FN_NUMBERS() is just a function I use in my DBs (a sort of tally_table) to get records quick.

I got 10 million records like that:

N   barcode
1   1C333262C2D74E11B688281636FAF0FB
2   3680E11436FC4CBA826E684C0E96E365
3   7763D29BD09F48C58232C7D33551E6C9

Let's declare a var to search for:

declare @s varchar(20) = 'D34F15' -- random alfanumeric string 

Let's take a base try with LIKE to compare results to:

select * from like_test where barcode like '%'+@s+'%'

On my workstation it takes 24.4 secs for a full clustered index scan. Very slow.

SSMS suggests to add an index on barcode column:

CREATE NONCLUSTERED INDEX [ix_barcode] ON [like_test] ([barcode]) INCLUDE ([N])

500Mb of index, I retry the select, this time 24.0 secs for the non clustered index seek.. less than 2% better, almost the same result. Very far from the 75% supposed by SSMS. It seems to me this index really doesn't worth it. Maybe my SSD Samsung 840 is making the difference..
For the moment I let the index active.

Let's try the CHARINDEX solution:

select * from like_test where charindex(@s, barcode) > 0

This time it took 23.5 second to complete, not really so much better than LIKE.

Now let's check the @DenisReznik 's suggestion that using the Binary Collation should speed up things.

select * from like_test
where barcode collate Latin1_General_BIN like '%'+@s+'%' collate Latin1_General_BIN 

WOW, it seems to work! Only 4.5 secs this is impressive! 5 times better..
So, what about CHARINDEX and Collation toghether? Let's try it:

select * from like_test
where charindex(@s collate Latin1_General_BIN, barcode collate Latin1_General_BIN)>0

Unbelivable! 2.4 secs, 10 times better..

Ok, so far I have realized that CHARINDEX is better than LIKE, and that Binary Collation is better than normal string collation, so from now on I will go on only with CHARINDEX and Collation.

Now, can we do anything else to get even better results? Maybe we can try reduce our very long strings.. a scan is always a scan..

First try, a logical string cut using SUBSTRING to virtually works on barcodes of 8 chars:

select * from like_test
where charindex(
        @s collate Latin1_General_BIN, 
        SUBSTRING(barcode, 12, 8) collate Latin1_General_BIN
      )>0

Fantastic! 1.8 seconds.. I have tried both SUBSTRING(barcode, 1, 8) (head of the string) and SUBSTRING(barcode, 12, 8) (middle of the string) with same results.
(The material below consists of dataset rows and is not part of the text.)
-- ===== src/Base/Keys.antt =====
-- Equality as an interface, for the keys of maps and sets, and texts as lists of code points.
use Prim.Native.Nat.{ℕ}
use Prim.Native.Char.{code}
pub use Prim.Native.String.{String}
use mathlib.Core.Path.{◌≡◌, refl}
use mathlib.Core.Logic.{◌↔◌}
use mathlib.Core.Bool.{Bool, true, false, ◌&&◌}
use mathlib.Core.List.{List, [], ◌∷◌}
use native.Mathlib.Omega.{arith}
use web_based_jobs_worker_se.Base.Tests.{nat_beq, nat_beq_iff}

pub record Eq {ℓ} (A : Type ℓ) : Type ℓ where
  pub same_key : (x y : A) → Bool
  pub same_iff : (x y : A) → (same_key x y ≡ true) ↔ (x ≡ y)

infix 50 ◌==◌
abbrev pub ◌==◌ {ℓ} : {A : Type ℓ} ⦃e : Eq A⦄ → A → A → Bool
◌==◌ ⦃e⦄ = e.same_key

abbrev pub Text : Type 0
Text = List ℕ

-- The code points of a literal.
abbrev pub codes : String → Text
codes String.[] = []
codes (String.◌∷◌ c s) = code c ∷ codes s

unfoldable pub text_eq : Text → Text → Bool
text_eq [] [] = true
text_eq [] (b ∷ s) = false
text_eq (a ∷ r) [] = false
text_eq (a ∷ r) (b ∷ s) = nat_beq a b && text_eq r s

pub text_eq_refl : (s : Text) → text_eq s s ≡ true
unfolding text_eq
text_eq_refl [] = refl
text_eq_refl (a ∷ s) = ground (arith, text_eq_refl s)

text_eq_sound : (r s : Text) → text_eq r s ≡ true → r ≡ s
unfolding text_eq
text_eq_sound [] [] h = refl
text_eq_sound [] (b ∷ s) h = cc
text_eq_sound (a ∷ r) [] h = cc
text_eq_sound (a ∷ r) (b ∷ s) h = ground (arith, text_eq_sound r s)

pub text_eq_iff : (r s : Text) → (text_eq r s ≡ true) ↔ (r ≡ s)
text_eq_iff r s = (text_eq_sound r s, λ e. rw e (text_eq_refl s))

instance abbrev pub nat_eq : Eq ℕ
nat_eq = record { same_key = nat_beq; same_iff = nat_beq_iff }

instance abbrev pub text_key : Eq Text
text_key = record { same_key = text_eq; same_iff = text_eq_iff }
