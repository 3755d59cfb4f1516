-- ===== src/GoMap.antt =====
-- Go's built-in map, as an association list without repeated keys: the job table
-- `globalJobsResults` (worker.go) and the set of ids in `removeDuplicateJobIds` (helpers.go).
use web_based_jobs_worker_se.Base.{
  ◌≡◌, refl, ap, ◌↔◌, true, inl, inr, Bool, false, ◌||◌, List, [], ◌∷◌, Option, none, some, arith,
  Eq, ◌==◌, if◌then◌else◌, Bool-cases,
}

module _ {ℓ κ} {K : Type ℓ} {V : Type κ} ⦃e : Eq K⦄ where
  -- `v, exist := m[k]`.
  unfoldable pub lookup : K → List (K × V) → Option V
  lookup key [] = none
  lookup key ((stored, value) ∷ rest) = if stored == key then some value else lookup key rest

  -- `m[k] = v`.
  unfoldable pub insert : K → V → List (K × V) → List (K × V)
  insert key value [] = (key, value) ∷ []
  insert key value ((stored, old) ∷ rest) =
      if stored == key then (stored, value) ∷ rest else (stored, old) ∷ insert key value rest

  -- `delete(m, k)`.
  unfoldable pub erase : K → List (K × V) → List (K × V)
  erase key [] = []
  erase key ((stored, old) ∷ rest) =
      if stored == key then erase key rest else (stored, old) ∷ erase key rest

  pub lookup-insert :
      (key sought : K) (value : V) (entries : List (K × V))
      → lookup sought (insert key value entries)
        ≡ (if key == sought then some value else lookup sought entries)
  unfolding lookup insert
  lookup-insert key sought value [] = refl
  lookup-insert key sought value ((stored, old) ∷ rest) = ground (
    arith,
    e.same_iff key sought,
    e.same_iff stored key,
    e.same_iff stored sought,
    lookup-insert key sought value rest,
  )

  pub lookup-erase :
      (k j : K) (m : List (K × V)) → lookup j (erase k m) ≡ (if k == j then none else lookup j m)
  unfolding lookup erase
  lookup-erase k j [] = elim (Bool-cases (k == j)) [ inl h ↦ rw h | inr h ↦ rw h ]
  lookup-erase k j ((i, w) ∷ m) =
      ground (arith, e.same_iff k j, e.same_iff i k, e.same_iff i j, lookup-erase k j m)

abbrev pub keys {ℓ κ} : {K : Type ℓ} {V : Type κ} → List (K × V) → List K
keys [] = []
keys ((k, v) ∷ m) = k ∷ keys m

module _ {ℓ} {K : Type ℓ} ⦃e : Eq K⦄ where
  unfoldable pub contains : K → List K → Bool
  contains k [] = false
  contains k (j ∷ l) = j == k || contains k l

  -- No key stands twice.
  abbrev pub IsNodup : List K → Type 0
  IsNodup [] = Unit
  IsNodup (k ∷ l) = (contains k l ≡ false) × IsNodup l

  -- The order in which `range` visits the keys of a map: each of them, once.
  pub record IsRangeOrder (order : List K → List K) : Type ℓ where
    pub same : (k : K) (l : List K) → contains k (order l) ≡ contains k l
    pub once : (l : List K) → IsNodup l → IsNodup (order l)

  pub contains-nil : (k : K) → contains k [] ≡ false
  unfolding contains
  contains-nil k = refl

  pub contains-cons_self : (k : K) (l : List K) → contains k (k ∷ l) ≡ true
  unfolding contains
  contains-cons_self k l = ground (arith, e.same_iff k k)

  -- Only the empty list has no member.
  pub eq-nil_of_contains : (l : List K) → ((k : K) → contains k l ≡ false) → l ≡ []
  eq-nil_of_contains [] h = refl
  eq-nil_of_contains (k ∷ l) h = absurd (cc (h k, contains-cons_self k l))

  -- A list with one member, without repetition.
  pub eq-singleton :
      (k : K) (l : List K) → ((j : K) → contains j l ≡ contains j (k ∷ [])) → IsNodup l → l ≡ k ∷ []
  unfolding contains
  eq-singleton k [] same once = absurd (ground (arith, same k, e.same_iff k k))
  eq-singleton k (x ∷ []) same once = ground (arith, same x, e.same_iff x x, e.same_iff k x)
  eq-singleton k (x ∷ y ∷ l) same once = absurd (
      ground (
        arith,
        same x,
        same y,
        e.same_iff x x,
        e.same_iff y y,
        e.same_iff k x,
        e.same_iff k y,
        e.same_iff y x,
      ))

  pub contains-subst : (j k : K) (l : List K) → (j == k) ≡ true → contains j l ≡ contains k l
  contains-subst j k l h = ap (λ x. contains x l) ((e.same_iff j k).0 h)

module _ {ℓ κ} {K : Type ℓ} {V : Type κ} ⦃e : Eq K⦄ where
  pub contains-keys-insert :
      (j k : K) (v : V) (m : List (K × V))
      → contains j (keys (insert k v m)) ≡ (k == j || contains j (keys m))
  unfolding insert contains
  contains-keys-insert j k v [] = refl
  contains-keys-insert j k v ((i, w) ∷ m) =
      ground (arith, e.same_iff k j, e.same_iff i k, e.same_iff i j, contains-keys-insert j k v m)

  pub keys-insert-IsNodup :
      (k : K) (v : V) (m : List (K × V)) → IsNodup (keys m) → IsNodup (keys (insert k v m))
  unfolding insert contains
  keys-insert-IsNodup k v [] h = (refl, tt)
  keys-insert-IsNodup k v ((i, w) ∷ m) h = ground (
    arith,
    e.same_iff k i,
    e.same_iff i k,
    contains-keys-insert i k v m,
    keys-insert-IsNodup k v m,
  )

  pub contains-keys-lookup :
      (k : K) (m : List (K × V)) → (contains k (keys m) ≡ false) ↔ (lookup k m ≡ none)
  unfolding lookup contains
  contains-keys-lookup k [] = (λ _. refl, λ _. refl)
  contains-keys-lookup k ((i, w) ∷ m) =
      let ih = contains-keys-lookup k m in
      elim (Bool-cases (i == k)) [
        | inl h ↦ rw h (λ x. absurd (cc), λ x. absurd (cc))
        | inr h ↦ rw h ih
      ]

  -- A key that leads to a value is one of the keys.
  pub contains-keys :
      (k : K) (m : List (K × V)) {v : V} → lookup k m ≡ some v → contains k (keys m) ≡ true
  contains-keys k m found = ground (arith, contains-keys-lookup k m)
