-- ===== src/Models.antt =====
-- models.go: the job and the data that requests and responses carry.
use web_based_jobs_worker_se.Base.{ℕ, Bool, List, Option, ℤ, Text}

-- A `sync.RWMutex`: `reading n` is held by n + 1 readers.
pub data RwMutex : Type 0 where
  unlocked : RwMutex
  reading : ℕ → RwMutex
  writing : RwMutex

-- Nanoseconds since the zero time, so that `time.Time{}` is 0.
abbrev pub Time : Type 0
Time = ℕ

-- The pipes of a job's process exist from its start on: `io.ReadCloser` and `io.Reader` are nil
-- or not, and `*bytes.Buffer` is nil or holds the bytes written so far.
pub record Job : Type 0 where
  pub id : Text
  pub pid : ℕ
  pub task : Text
  pub islong : Bool
  pub stream : Bool
  pub dump : Bool
  pub memlimit : ℤ
  pub cpulimit : ℤ
  pub timeout : ℤ
  pub iscompleted : Bool
  pub issuccess : Bool
  pub exitcode : ℤ
  pub errormsg : Text
  pub fetchcount : ℤ
  pub stop : ℕ  -- values waiting in the channel, whose capacity is 1
  pub outpipe : Bool
  pub outstream : Bool
  pub isstreaming : Bool
  pub lock : RwMutex
  pub result : Option Text
  pub filename : Text
  pub submittime : Time
  pub starttime : Time
  pub endtime : Time

pub record ApiErrorMessage : Type 0 where
  pub status : Bool
  pub message : Text
  pub code : ℕ
  pub requestid : Text

pub record JobScheduleModel : Type 0 where
  pub task : Text
  pub islong : Bool
  pub stream : Bool
  pub dump : Bool
  pub memlimit : ℤ
  pub cpulimit : ℤ
  pub timeout : ℤ

pub record JobScheduledInfos : Type 0 where
  pub id : Text
  pub task : Text
  pub islong : Bool
  pub memlimit : ℤ
  pub cpulimit : ℤ
  pub timeout : ℤ
  pub stream : Bool
  pub dump : Bool
  pub submittime : Text
  pub statuslink : Text
  pub outputlink : Text

pub record ResponseJobsSchedule : Type 0 where
  pub requestid : Text
  pub jobs : List JobScheduledInfos

pub record JobStatusInfos : Type 0 where
  pub id : Text
  pub pid : ℕ
  pub task : Text
  pub islong : Bool
  pub iscompleted : Bool
  pub issuccess : Bool
  pub exitcode : ℤ
  pub datasize : Text
  pub fetchcount : ℤ
  pub memlimit : ℤ
  pub cpulimit : ℤ
  pub timeout : ℤ
  pub stream : Bool
  pub dump : Bool
  pub submittime : Text
  pub starttime : Text
  pub endtime : Text
  pub outputlink : Text

pub record ResponseCheckJobsStatus : Type 0 where
  pub requestid : Text
  pub infos : List JobStatusInfos
  pub unknownids : List Text

pub record ResponseFetchJobOutput : Type 0 where
  pub requestid : Text
  pub output : Text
Then I have tried to phisically reduce the size of the barcode column, almost no difference than using SUBSTRING()

Finally I have tried to drop the index on barcode column and repeated ALL above tests... I was very surprised to get almost same results, with very little differences.
Index performs 3-5% better, but at cost of 500Mb of disk space and and maintenance cost if the catalog is updated.

Naturally, for a direct key lookup like where barcode = @s with the index it takes 20-50 millisecs, without index we can't get less than 1.1 secs using Collation syntax where barcode collate Latin1_General_BIN = @s collate Latin1_General_BIN

This was interesting.
I hope this helps